▶ [TASK DIRECTIONS]
Could you write out all of the data again, word for word?
:: DATA RECORDS ::
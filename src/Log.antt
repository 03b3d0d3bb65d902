-- ===== src/Log.antt =====
-- kernel/src/anbo_log.c: the conversions of numbers to text of the formatter. Characters are their
-- codes; a buffer with room for `size` characters is the list of those written to its start.
pub mod Digits
pub mod Format
pub mod Fits
pub mod Conversion
pub mod Bounds
mod Examples
use anbo_mos.Common.{
  ℕ, zero, suc, ◌+◌, ◌-◌, ◌*◌, ◌/◌, ◌%◌, ◌^◌, bit_and, Option, none, some, List, [], ◌∷◌, ◌++◌, ltb,
  ◌==◌, if◌then◌else◌, length, take, add32, sub32,
}

-- `tmp[i - 1u - j]` for `j` from 0 to `i - 1`.
unfoldable pub reversed : List ℕ → List ℕ
reversed [] = []
reversed (c ∷ tmp) = reversed tmp ++ c ∷ []

abbrev pub zero_char : ℕ
zero_char = 48

-- The characters written, and the result.
abbrev pub filled : (size : ℕ) → Option (List ℕ) → Option (List ℕ × ℕ)
filled size none = none
filled size (some tmp) = let out = take size (reversed tmp) in some (out, length out)

-- The loop `while (val != 0u)` that fills `tmp`, the last digit first; `room` is what is left of the
-- array, and `none` means that the loop would write past it.
module _ (base : ℕ) (digit : ℕ → ℕ) where
  unfoldable pub digits_loop : (room val : ℕ) → Option (List ℕ)
  digits_loop zero val = if val == 0 then some [] else none
  digits_loop (suc room) val =
      let rest = digits_loop room (val / base) in
      if val == 0 then some [] else elim rest [ none ↦ none | some tmp ↦ some (digit val ∷ tmp) ]

  -- The common shape of `u32_to_dec` and `u32_to_hex`, whose `tmp` has `room` characters.
  unfoldable pub u32_to_text : (room size val : ℕ) → Option (List ℕ × ℕ)
  unfolding digits_loop reversed
  u32_to_text room size val =
      if val == 0
      then some (if ltb 0 size then zero_char ∷ [] else [], 1)
      else filled size (digits_loop room val)

abbrev pub dec_digit : ℕ → ℕ
dec_digit val = zero_char + val % 10

unfoldable pub u32_to_dec : (size val : ℕ) → Option (List ℕ × ℕ)
unfolding u32_to_text
u32_to_dec = u32_to_text 10 dec_digit 10

abbrev pub minus_char : ℕ
minus_char = 45

abbrev pub after_sign : List ℕ → Option (List ℕ × ℕ) → Option (List ℕ × ℕ)
after_sign sign none = none
after_sign sign (some (out, n)) = some (sign ++ out, length sign + n)

-- `val` is the word of an `int32_t`; `-(val + 1)` of a negative one is `2 ^ 32 - 1 - val`.
unfoldable pub i32_to_dec : (size val : ℕ) → Option (List ℕ × ℕ)
unfolding u32_to_dec
i32_to_dec size val =
    if ltb val (2 ^ 31)
    then u32_to_dec size val
    else let sign = if ltb 0 size then minus_char ∷ [] else [] in
      after_sign sign (u32_to_dec (size - length sign) (add32 (2 ^ 32 - 1 - val) 1))

unfoldable pub nibble_to_hex : ℕ → ℕ
nibble_to_hex n =
    let n = bit_and n 15 in
    let mask = sub32 (sub32 n 10 / 2 ^ 31) 1 in (n + zero_char + bit_and mask 39) % 2 ^ 8

abbrev pub hex_digit : ℕ → ℕ
hex_digit val = nibble_to_hex (val % 2 ^ 8)

unfoldable pub u32_to_hex : (size val : ℕ) → Option (List ℕ × ℕ)
unfolding u32_to_text
u32_to_hex = u32_to_text 16 hex_digit 8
:::
▶ [SOLUTION FOR THIS TASK]
filename src/Log.antt
repository 03b3d0d3bb65d902
-- ===== src/Log.antt =====
-- kernel/src/anbo_log.c: the conversions of numbers to text of the formatter. Characters are their
-- codes; a buffer with room for `size` characters is the list of those written to its start.
pub mod Digits
pub mod Format
pub mod Fits
pub mod Conversion
pub mod Bounds
mod Examples
use anbo_mos.Common.{
  ℕ, zero, suc, ◌+◌, ◌-◌, ◌*◌, ◌/◌, ◌%◌, ◌^◌, bit_and, Option, none, some, List, [], ◌∷◌, ◌++◌, ltb,
  ◌==◌, if◌then◌else◌, length, take, add32, sub32,
}

-- `tmp[i - 1u - j]` for `j` from 0 to `i - 1`.
unfoldable pub reversed : List ℕ → List ℕ
reversed [] = []
reversed (c ∷ tmp) = reversed tmp ++ c ∷ []

abbrev pub zero_char : ℕ
zero_char = 48

-- The characters written, and the result.
abbrev pub filled : (size : ℕ) → Option (List ℕ) → Option (List ℕ × ℕ)
filled size none = none
filled size (some tmp) = let out = take size (reversed tmp) in some (out, length out)

-- The loop `while (val != 0u)` that fills `tmp`, the last digit first; `room` is what is left of the
-- array, and `none` means that the loop would write past it.
module _ (base : ℕ) (digit : ℕ → ℕ) where
  unfoldable pub digits_loop : (room val : ℕ) → Option (List ℕ)
  digits_loop zero val = if val == 0 then some [] else none
  digits_loop (suc room) val =
      let rest = digits_loop room (val / base) in
      if val == 0 then some [] else elim rest [ none ↦ none | some tmp ↦ some (digit val ∷ tmp) ]

  -- The common shape of `u32_to_dec` and `u32_to_hex`, whose `tmp` has `room` characters.
  unfoldable pub u32_to_text : (room size val : ℕ) → Option (List ℕ × ℕ)
  unfolding digits_loop reversed
  u32_to_text room size val =
      if val == 0
      then some (if ltb 0 size then zero_char ∷ [] else [], 1)
      else filled size (digits_loop room val)

abbrev pub dec_digit : ℕ → ℕ
dec_digit val = zero_char + val % 10

unfoldable pub u32_to_dec : (size val : ℕ) → Option (List ℕ × ℕ)
unfolding u32_to_text
u32_to_dec = u32_to_text 10 dec_digit 10

abbrev pub minus_char : ℕ
minus_char = 45

abbrev pub after_sign : List ℕ → Option (List ℕ × ℕ) → Option (List ℕ × ℕ)
after_sign sign none = none
after_sign sign (some (out, n)) = some (sign ++ out, length sign + n)

-- `val` is the word of an `int32_t`; `-(val + 1)` of a negative one is `2 ^ 32 - 1 - val`.
unfoldable pub i32_to_dec : (size val : ℕ) → Option (List ℕ × ℕ)
unfolding u32_to_dec
i32_to_dec size val =
    if ltb val (2 ^ 31)
    then u32_to_dec size val
    else let sign = if ltb 0 size then minus_char ∷ [] else [] in
      after_sign sign (u32_to_dec (size - length sign) (add32 (2 ^ 32 - 1 - val) 1))

unfoldable pub nibble_to_hex : ℕ → ℕ
nibble_to_hex n =
    let n = bit_and n 15 in
    let mask = sub32 (sub32 n 10 / 2 ^ 31) 1 in (n + zero_char + bit_and mask 39) % 2 ^ 8

abbrev pub hex_digit : ℕ → ℕ
hex_digit val = nibble_to_hex (val % 2 ^ 8)

unfoldable pub u32_to_hex : (size val : ℕ) → Option (List ℕ × ℕ)
unfolding u32_to_text
u32_to_hex = u32_to_text 16 hex_digit 8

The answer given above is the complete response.